The Death of Cosmological Empire
With this great shift in political imagination, it is no wonder that both Yuan Shikai’s self-proclaimed emperorship and the coup to enthrone Puyi failed. These events marked the dying gasps of the old order, rather than evidence of its salience. This new political imagination, though divided among several conflicting groups, used the language of a public interest implying popular participation. Late Qing and early Republic elites also shunted political theology as superstition and rather civil religion of teleology/progressive nature of constitutionalism.

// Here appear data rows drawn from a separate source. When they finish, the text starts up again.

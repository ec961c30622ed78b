-- ===== src/Wallet/Requests.antt =====
-- A request of backend/apps/wallet/services.py after its unlock has committed.
use shortform_streaming.Prelude.{
  ℕ, ◌≡◌, refl, ◌∙◌, ap, true, false, Option, none, some, arith, ==_refl,
}
use shortform_streaming.Prelude.Int.{ℤ}
use shortform_streaming.Model.{
  UserProfile, Wallet, CoinUnlock, LoadedEpisode, Environment, Store, ok, ◌>>=◌,
}
use shortform_streaming.Catalog.Episodes.{episode_is_eligible, lock_episode_by_public_id}
use shortform_streaming.Accounts.{current_profile, lock_current_profile}
use shortform_streaming.Entitlements.Policy.{AuthorizeAccess, grant, evaluate_authorize_access}
use shortform_streaming.Wallet.Ledger.{
  create_entry, create_unlock, accepts_unlock, wallet_of, get_or_create_wallet, find_unlock,
  find_cancellation,
}
use shortform_streaming.Wallet.Unlocks.{
  UnlockRequest, differs, is_grant, existing_differs, profile_unlock, profile_cancellation,
  new_receipt, settle, unlock_episode, completed, find_resolution, resolution_of, resolve_unlock,
}
use shortform_streaming.Wallet.Locking.{
  SameTables, locking-SameTables, wallet_of-locked, locking_known, same_current, same_lock,
}
use shortform_streaming.Wallet.Runs.{UnlockRun, unlock_episode-UnlockRun}

-- What a settled request leaves: its receipt under its key, and these tables as they were.
pub record IsSettled (w : Wallet) (r : UnlockRequest) (mid db' : Store) (u : CoinUnlock)
    : Type 0 where
  pub stored : find_unlock w.pk r.request_id db' ≡ some u
  pub same : existing_differs r (some u) ≡ false
  pub not_cancelled : find_cancellation w.pk r.request_id db' ≡ none
  pub same_wallets : db'.wallets ≡ mid.wallets
  pub same_profiles : db'.profiles ≡ mid.profiles
  pub same_deletions : db'.deletions ≡ mid.deletions
  pub same_series : db'.series ≡ mid.series
  pub same_episodes : db'.episodes ≡ mid.episodes
  pub same_cancellations : db'.cancellations ≡ mid.cancellations

module _ (env : Environment) (later : ℕ) (p : UserProfile) (w : Wallet) (e : LoadedEpisode)
    (r : UnlockRequest) (mid db' : Store) (u : CoinUnlock) where
  new_receipt-IsSettled :
      (decision : AuthorizeAccess)
      → new_receipt env later p w e r decision mid ≡ ok u db'
      → IsSettled w r mid db' u
  unfolding new_receipt create_entry create_unlock accepts_unlock find_unlock find_cancellation
      differs ◌>>=◌
  new_receipt-IsSettled (grant source) h = ground (
    arith,
    ==_refl w.pk,
    ==_refl r.request_id,
    ==_refl r.episode_id,
    ==_refl r.expected_policy_version,
    ==_refl r.expected_coin_price,
  )
  new_receipt-IsSettled _ h = ground (
    arith,
    ==_refl w.pk,
    ==_refl r.request_id,
    ==_refl r.episode_id,
    ==_refl r.expected_policy_version,
    ==_refl r.expected_coin_price,
  )

  settle-IsSettled :
      (decision : AuthorizeAccess) (o : Option CoinUnlock)
      → existing_differs r o ≡ false
      → ((v : CoinUnlock) → o ≡ some v → find_unlock w.pk r.request_id mid ≡ some v)
      → ((v : CoinUnlock) → o ≡ some v → find_cancellation w.pk r.request_id mid ≡ none)
      → settle env later p w e r decision o mid ≡ ok u db'
      → IsSettled w r mid db' u
  unfolding settle ◌>>=◌
  settle-IsSettled decision none i known clear h = new_receipt-IsSettled decision h
  settle-IsSettled decision (some v) i known clear h =
      let same : v ≡ u = ground arith in
      let unchanged : mid ≡ db' = ground arith in
      rw (← unchanged) (record {
        stored = known v refl ∙ ap some same;
        same = rw (← same) i;
        not_cancelled = clear v refl;
        same_wallets = refl;
        same_profiles = refl;
        same_deletions = refl;
        same_series = refl;
        same_episodes = refl;
        same_cancellations = refl;
      })

-- The receipt that the key's lookup found is that of the wallet which is locked.
locked_lookup :
    (p : UserProfile) (w : Wallet) (request : ℕ) (db mid : Store) (u : CoinUnlock)
    → get_or_create_wallet p db ≡ ok w mid
    → profile_unlock p request db ≡ some u
    → find_unlock w.pk request mid ≡ some u
unfolding profile_unlock get_or_create_wallet ◌>>=◌
locked_lookup p w request db mid u got known = ground arith

locked_clear :
    (p : UserProfile) (w : Wallet) (request : ℕ) (db mid : Store) (u : CoinUnlock)
    → get_or_create_wallet p db ≡ ok w mid
    → profile_unlock p request db ≡ some u
    → profile_cancellation p request db ≡ none
    → find_cancellation w.pk request mid ≡ none
unfolding profile_unlock profile_cancellation get_or_create_wallet ◌>>=◌
locked_clear p w request db mid u got known clear = ground arith

module _ (env : Environment) (now later : ℕ) (profile : UserProfile) (r : UnlockRequest)
    (db db' : Store) (u : CoinUnlock) (b : ℤ)
    (h : unlock_episode env now later profile r db ≡ ok (u, b) db') where
  run : UnlockRun env now later profile r db db' u b
  run = unlock_episode-UnlockRun env now later profile r db db' u b h

  run-IsSettled : IsSettled run.w r run.mid db' u
  run-IsSettled =
      settle-IsSettled env later run.p run.w run.e r run.mid db' u _ _ run.same
        (λ v known. locked_lookup run.p run.w r.request_id db run.mid v run.wallet_locked known)
        (λ v known.
          locked_clear run.p run.w r.request_id db run.mid v run.wallet_locked known
            run.not_cancelled)
        run.settled

  t : SameTables db run.mid
  t = locking-SameTables run.p db run.wallet_locked

  run_current : current_profile env profile db' ≡ some run.p
  run_current =
      let s = run-IsSettled in
      same_current env profile db db' (s.same_profiles ∙ t.same_profiles)
        (s.same_deletions ∙ t.same_deletions)
      ∙ run.current

  run_locked : lock_episode_by_public_id db' r.episode_id ≡ some run.e
  run_locked =
      let s = run-IsSettled in
      same_lock r.episode_id db db' (s.same_series ∙ t.same_series)
        (s.same_episodes ∙ t.same_episodes)
      ∙ run.locked

  run_wallet : wallet_of run.p db' ≡ some run.w
  unfolding wallet_of
  run_wallet = rw run-IsSettled.same_wallets (wallet_of-locked run.p db run.wallet_locked)

  retry_run :
      (now' later' : ℕ)
      → episode_is_eligible env.settings db' now' run.e ≡ true
      → is_grant (evaluate_authorize_access env db' later' run.e (some run.p)) ≡ true
      → unlock_episode env now' later' profile r db' ≡ ok (u, b) db'
  unfolding unlock_episode lock_current_profile profile_unlock profile_cancellation settle ◌>>=◌
  retry_run now' later' eligible granted =
      let s = run-IsSettled in
      ground (
        arith,
        run_current,
        run_locked,
        run_wallet,
        locking_known run.p db' run.w run_wallet,
        s.stored,
        s.same,
        s.not_cancelled,
        run.enabled,
        run.reported,
      )

  -- A repeated request repeats its answer: once an unlock has committed, the same request in the
  -- store that it left, at any clocks at which the locked episode is still eligible and access is
  -- still granted, returns the same receipt and the same balance and changes nothing.
  pub unlock_retry :
      (now' later' : ℕ) (p : UserProfile) (e : LoadedEpisode)
      → current_profile env profile db ≡ some p
      → lock_episode_by_public_id db r.episode_id ≡ some e
      → episode_is_eligible env.settings db' now' e ≡ true
      → is_grant (evaluate_authorize_access env db' later' e (some p)) ≡ true
      → unlock_episode env now' later' profile r db' ≡ ok (u, b) db'
  unlock_retry now' later' p e cur found eligible granted =
      let ep : p ≡ run.p = ground (arith, run.current) in
      let ee : e ≡ run.e = ground (arith, run.locked) in
      retry_run now' later' (rw ee at eligible) (rw (ee, ep) at granted)

  -- A completed request cannot be cancelled: `resolve_unlock` answers it with its receipt.
  pub resolve_after_unlock : resolve_unlock env profile r db' ≡ ok (completed u, b) db'
  unfolding resolve_unlock lock_current_profile find_resolution resolution_of ◌>>=◌
  resolve_after_unlock =
      let s = run-IsSettled in
      ground (
        arith,
        run_current,
        locking_known run.p db' run.w run_wallet,
        s.stored,
        s.same,
        run.enabled,
        run.reported,
      )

The primacy of the states, “statism,” remains in the political ideology of China today. Sun Yatsen viewed ethnic nationalism as equivalent to the state-nation because for Sun the Chinese people were already a nation, having been a single state since the Qin and Han dynasties. Subsequent dynasties were merely regime changes. But for Mao Zedong, who had a more theoretical understanding of the state, viewed the People’s Republic of China “not as a multi-ethnic nation but a multinational state. And not as a nation-state but as a socialist state, ultimately a more advanced stage in the progress of world revolution” (p. 288). Statism synthesized Mao’s dictatorship against class enemies and democracy for the masses.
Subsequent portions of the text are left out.